EXERCISE BRIEF ->
Below are entries; work out how many of their lines include the string "filter", and reply with the number only.

PROVIDED DATA ->
Segment Open
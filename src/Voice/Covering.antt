-- ===== src/Voice/Covering.antt =====
-- How sliceTextByTimeOverlap and mergeAsrSegmentsIntoTurns of apps/gateway/src/lib/voice/diarize.ts share the
-- words of a segment between two turns that meet in it.
use Prim.Native.String.{String}
use native.Mathlib.Nat
use modelforge_ai.Base.{ℕ, ◌-◌, Bool, not, List, [], ◌∷◌}
use modelforge_ai.Base.Preds.{filter}
use modelforge_ai.Base.Units.{Units, is_empty, trim}
use modelforge_ai.Voice.Turns.{DiarizationTurn}
use modelforge_ai.Voice.Segments.{TranscriptSegment}
use modelforge_ai.Voice.Words.{join_words}
use modelforge_ai.Voice.Slices.{segment_duration, first_word, add_turn}

-- The word that holds the time m of a segment of n words.
abbrev word_at : ℕ → ℕ → ℕ → ℕ → ℕ
word_at n start end m = first_word n (segment_duration start end) (m - start)

module _ (is_space : ℕ → Bool) where
  -- The text of words in a turn: one part, or none where nothing is said.
  abbrev pub said_by :
      DiarizationTurn → List Units → List TranscriptSegment → List TranscriptSegment
  said_by turn words out =
      add_turn is_space turn
        (filter (λ part. not (is_empty part)) (trim is_space (join_words words) ∷ [])) out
Segment Closed
RESPONSE AREA ->
2